Saturday, November 20, 2004

He Hate Me

Posted by Hello

Rick Morrissey of the Chicago Tribune said everything there is to say about agent Scott Boras: "He is a very, very bad man. Exquisitely bad, in a foreclose-on-the-farm sort of way." Bryan Miller, in a thinkpiece on Slate, offered a more even-tempered assessment of the agent in 2001: "Scott Boras is the Marvin Miller of his age—the man the owners claim they can't afford, but the players can't afford to live without." Either way you cut it, no one likes the guy -- owners and GMs hate him with a passion, fans treat him like a human pinata, and I doubt highly that any player who has reaped the benefits on Boras' predatory tactics is inviting him to their next Christmas party.

But shit, Boras gets results. Look at the A-Rod, Kevin Brown and Darren Dreifort contracts he engineered a few years ago. Woah. And then look at his cream-of-the-crop client list for this year's free agent class: Adrian Beltre, Carlos Beltran, Derek Lowe, Jason Varitek, Kevin Millwood, J.D. Drew and Magglio Ordonez.
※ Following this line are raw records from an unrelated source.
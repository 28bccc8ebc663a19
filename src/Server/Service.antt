-- ===== src/Server/Service.antt =====
-- What the server of Core/msgbus_server.cpp promises its clients, as a relation: under which
-- name which host can be reached.
pub mod Unregister
pub mod Register
pub mod Unlisted
pub mod Known
pub mod Find
pub mod Close
use message_bus_all_in_one_f.Common.{
  ℕ, ◌≡◌, ◌≢◌, refl, sym, ◌∙◌, ap, Bool, true, false, Option, none, some, List, [], ◌∷◌, ◌++◌, ◌==◌,
  Option-cases, bytes_eq, bytes_eq→eq, ◌⊎◌, if◌then◌else◌, Bool-cases, inl, inr, arith,
  bytes_eq_refl, subst,
}
use message_bus_all_in_one_f.Memory.{Outcome, done, ◌>>=◌}
use message_bus_all_in_one_f.Table.{
  Table, bytes_key, nat_key, lookup, insert, erase, lookup-insert, lookup-erase, lookup-All,
}
use message_bus_all_in_one_f.Wire.Host.{
  Inet, ClientHost, same_host, host_ip, host_port, host_state, set_ip, set_state,
}
use message_bus_all_in_one_f.Wire.Host.Equal.{same_host_refl}
use message_bus_all_in_one_f.Server.{Server, Sock}
use message_bus_all_in_one_f.Server.Hosts.{
  Has, here, there, Lacks, Removes, Updates, IsDistinct, remove_host_cases, update_host_cases,
  Removes-gone, Removes-others, Updates-Has, append-Has, same_host-set_state,
}
use message_bus_all_in_one_f.Server.Registry.{
  is_nil, Registered, fill_address, register_existing, register_new, register_host, add_client,
  unregister_client_from_service,
}
use message_bus_all_in_one_f.Server.Registration.{register_named, unregister_named}
use message_bus_all_in_one_f.Server.Invariant.{IsService, IsValid}

module _ ⦃net : Inet⦄ where
  -- The service `name` of the table has the host.
  abbrev pub Holds : Table (List ℕ) (List ClientHost) → List ℕ → ClientHost → Type 0
  Holds services name host =
      (hosts : List ClientHost) × (lookup name services ≡ some hosts) × Has host hosts

  abbrev pub Serves : Server → List ℕ → ClientHost → Type 0
  Serves s name host = Holds s.services name host

  bytes_neq : (n name : List ℕ) → n ≢ name → bytes_eq n name ≡ false
  bytes_neq n name ne = elim (Bool-cases (bytes_eq n name)) [
    | inl e ↦ absurd (ne (bytes_eq→eq n name e))
    | inr e ↦ e
  ]

  pub lookup_inserted :
      {V : Type 0} (name : List ℕ) (v : V) (m : Table (List ℕ) V)
      → lookup name (insert name v m) ≡ some v
  lookup_inserted name v m = lookup-insert name name v m ∙ rw (bytes_eq_refl name)

  lookup-insert_other :
      {V : Type 0} (name n : List ℕ) (v : V) (m : Table (List ℕ) V)
      → n ≢ name
      → lookup n (insert name v m) ≡ lookup n m
  lookup-insert_other name n v m ne = lookup-insert name n v m ∙ rw (bytes_neq n name ne)

  pub lookup_erased :
      {V : Type 0} (name : List ℕ) (m : Table (List ℕ) V) → lookup name (erase name m) ≡ none
  lookup_erased name m = lookup-erase name name m ∙ rw (bytes_eq_refl name)

  lookup-erase_other :
      {V : Type 0} (name n : List ℕ) (m : Table (List ℕ) V)
      → n ≢ name
      → lookup n (erase name m) ≡ lookup n m
  lookup-erase_other name n m ne = lookup-erase name n m ∙ rw (bytes_neq n name ne)

  pub Has-Lacks :
      (host : ClientHost) (hosts : List ClientHost) → Has host hosts → ¬ Lacks host hosts
  Has-Lacks host [] m l = elim m [ ]
  Has-Lacks host (h ∷ hosts) (here e) l = cc (e, l.0)
  Has-Lacks host (h ∷ hosts) (there m) l = Has-Lacks host hosts m l.1

  pub Updates-keeps :
      {host : ClientHost} {hosts rest : List ClientHost} (x : ClientHost)
      → Updates host hosts rest
      → Has x hosts
      → Has x rest
  Updates-keeps {host} x (Updates.hit {h = h} e) (here p) =
      here (same_host-set_state h x (host_state host) ∙ p)
  Updates-keeps x (Updates.hit e) (there m) = there m
  Updates-keeps x (Updates.miss e r) (here p) = here p
  Updates-keeps x (Updates.miss e r) (there m) = there (Updates-keeps x r m)

  pub append_keeps :
      (x host : ClientHost) (hosts : List ClientHost) → Has x hosts → Has x (hosts ++ (host ∷ []))
  append_keeps x host [] m = elim m [ ]
  append_keeps x host (h ∷ hosts) (here p) = here p
  append_keeps x host (h ∷ hosts) (there m) = there (append_keeps x host hosts m)

  pub same_value : (xs ys : List ClientHost) → some xs ≡ some ys → xs ≡ ys
  same_value xs ys e = cc

  -- The hosts of one service are replaced.
  pub insert_keeps :
      (m : Table (List ℕ) (List ClientHost)) (name : List ℕ) (hosts rest : List ClientHost)
      (n : List ℕ) (x : ClientHost)
      → lookup name m ≡ some hosts
      → (n ≡ name → Has x hosts → Has x rest)
      → Holds m n x
      → Holds (insert name rest m) n x
  insert_keeps m name hosts rest n x e keeps (found, e', h) = elim (Bool-cases (bytes_eq n name)) [
    | inl same ↦
        let p : n ≡ name = bytes_eq→eq n name same in
        let q : found ≡ hosts = same_value found hosts (sym e' ∙ ap (λ k. lookup k m) p ∙ e) in
        (
          rest,
          ap (λ k. lookup k (insert name rest m)) p ∙ lookup_inserted name rest m,
          keeps p (subst (Has x) q h),
        )
    | inr other ↦
        (found, lookup-insert_other name n rest m (λ p. cc (other, p, bytes_eq_refl n)) ∙ e', h)
  ]

  pub insert_new_keeps :
      (m : Table (List ℕ) (List ClientHost)) (name : List ℕ) (hosts : List ClientHost) (n : List ℕ)
      (x : ClientHost)
      → lookup name m ≡ none
      → Holds m n x
      → Holds (insert name hosts m) n x
  insert_new_keeps m name hosts n x e (found, e', h) =
      (found, lookup-insert_other name n hosts m (λ p. cc (e, e', ap (λ k. lookup k m) p)) ∙ e', h)

  pub erase_keeps :
      (m : Table (List ℕ) (List ClientHost)) (name n : List ℕ) (x : ClientHost)
      → n ≢ name
      → Holds m n x
      → Holds (erase name m) n x
  erase_keeps m name n x ne (found, e, h) = (found, lookup-erase_other name n m ne ∙ e, h)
GMs and owners have already balked at his demands for Beltran (10 years, backloaded) and Jason Varitek, but those guys will get signed. Above market value. Because Scott Boras never loses. He's like Wile E. Coyote if the super-genius managed to get the better of the Road Runner and drop an anvil on his head every time.

Word out of Chicago is that White Sox GM Kenny Williams doesn't like the way negotiations with franchise cornerstone Magglio Ordonez have been going; Williams called a press conference to tell reporters that the White Sox "would not be signing any Scott Boras clients this year." Well, no shit, Sherlock -- isn't that why the Washington franchise pulled the trigger on deals with Christian Guzman and Vinny Castilla so quickly? No one wants to get stuck negotiating with Scott Boras as an act of desperation.
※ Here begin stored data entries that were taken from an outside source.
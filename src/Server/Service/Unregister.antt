-- ===== src/Server/Service/Unregister.antt =====
-- unregister_client_from_service of Core/msgbus_server.cpp against the relation of services.
use message_bus_all_in_one_f.Common.{
  ℕ, ◌≡◌, ◌≢◌, sym, ◌∙◌, ap, false, some, List, [], ◌∷◌, Option-cases, ◌⊎◌, inl, inr, subst,
}
use message_bus_all_in_one_f.Table.{bytes_key, nat_key, lookup, lookup-All}
use message_bus_all_in_one_f.Wire.Host.{Inet, ClientHost, same_host}
use message_bus_all_in_one_f.Server.{Server}
use message_bus_all_in_one_f.Server.Hosts.{
  Has, Removes, remove_host_cases, Removes-gone, Removes-others,
}
use message_bus_all_in_one_f.Server.Registry.{unregister_client_from_service}
use message_bus_all_in_one_f.Server.Invariant.{IsService, IsValid}
use message_bus_all_in_one_f.Server.Service.{
  Serves, same_value, insert_keeps, erase_keeps, lookup_inserted, lookup_erased, Has-Lacks,
}

module _ ⦃net : Inet⦄ where
  -- Unregistering a host takes it from the service, in every state where no service has a host
  -- twice; every other host of the service stays, and every other service keeps all of its hosts.
  pub unregister_lem :
      (s : Server) (name : List ℕ) (host : ClientHost)
      → IsValid s
      → (¬ Serves (unregister_client_from_service s name host) name host)
        × ((n : List ℕ) (x : ClientHost)
            → (n ≢ name) ⊎ (same_host x host ≡ false)
            → Serves s n x
            → Serves (unregister_client_from_service s name host) n x)
  unfolding unregister_client_from_service
  unregister_lem s name host v = elim (Option-cases (lookup name s.services)) [
    | inl e ↦
        rw (e, unregister_client_from_service) ((λ (hosts, e', m). cc (e, e')), λ n x other m. m)
    | inr (hosts, e) ↦ elim (remove_host_cases host hosts) [
      | inl (r, l) ↦
          rw (e, unregister_client_from_service, r)
            (
              (λ (found, e', m).
                  Has-Lacks host hosts (subst (Has host) (same_value found hosts (sym e' ∙ e)) m)
                    l),
              λ n x other m. m,
            )
      | inr ([], r, removes) ↦
          rw (e, unregister_client_from_service, r)
            (
              (λ (found, e', m). cc (e', lookup_erased name s.services)),
              λ n x other m.
                  erase_keeps s.services name n x
                    (λ p. elim (only n x other m hosts [] e removes p) [ ]) m,
            )
      | inr (h ∷ rest, r, removes) ↦
          rw (e, unregister_client_from_service, r)
            (
              (λ (found, e', m).
                  Has-Lacks host (h ∷ rest)
                    (subst (Has host)
                      (same_value found (h ∷ rest)
                        (sym e' ∙ lookup_inserted name (h ∷ rest) s.services))
                      m)
                    (Removes-gone removes
                      (lookup-All IsService name hosts s.services v.services_good e).1.1)),
              λ n x other m.
                  insert_keeps s.services name hosts (h ∷ rest) n x e
                    (λ p m'. stays n x hosts (h ∷ rest) other p removes m') m,
            )
    ]
  ]
    where
      stays :
          (n : List ℕ) (x : ClientHost) (hosts rest : List ClientHost)
          → (n ≢ name) ⊎ (same_host x host ≡ false)
          → n ≡ name
          → Removes host hosts rest
          → Has x hosts
          → Has x rest
      stays n x hosts rest (inl ne) p removes m = absurd (ne p)
      stays n x hosts rest (inr ne) p removes m = Removes-others x removes ne m

      only :
          (n : List ℕ) (x : ClientHost)
          → (n ≢ name) ⊎ (same_host x host ≡ false)
          → Serves s n x
          → (hosts rest : List ClientHost) → lookup name s.services ≡ some hosts
          → Removes host hosts rest
          → n ≡ name
          → Has x rest
      only n x other (found, e', m) hosts rest e removes p =
          stays n x hosts rest other p removes (
            subst (Has x) (same_value found hosts (sym e' ∙ ap (λ k. lookup k s.services) p ∙ e)) m)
Still, what's going on here? Is this Sox owner Jerry Reinsdorf's legendary cheapness rearing its head once again? The White Sox franchise has a nasty track-record of blackballing its highest-paid players as a way of keeping salaries at a manageable limit -- Big Frank Thomas got treated pretty badly in the midst of a prolonged slump and he just redeemed himself in the eyes of the fans last season. People were booing the guy at every at-bat because of Reinsdorf's carefully-orchestrated smear campaign. What Kenny Williams said should ring true in the hearts and minds of every baseball observer from the top of an organization to the fan sitting in the nosebleed section, sure.

But you don't owe it to anyone to tell them the truth unless you're sleeping with them -- Boras is a terrible bed-fellow of course, but imagine the whispers of collusion that might circulate if all teams took a stand against the Boras clients this year. Kenny Williams would be Exhibit A in that trial. So what you do is shut the fuck up and keep it behind the scenes. You don't need mommy and daddy to tell you that they're getting divorced after years of bitter arguments...you knew it all along.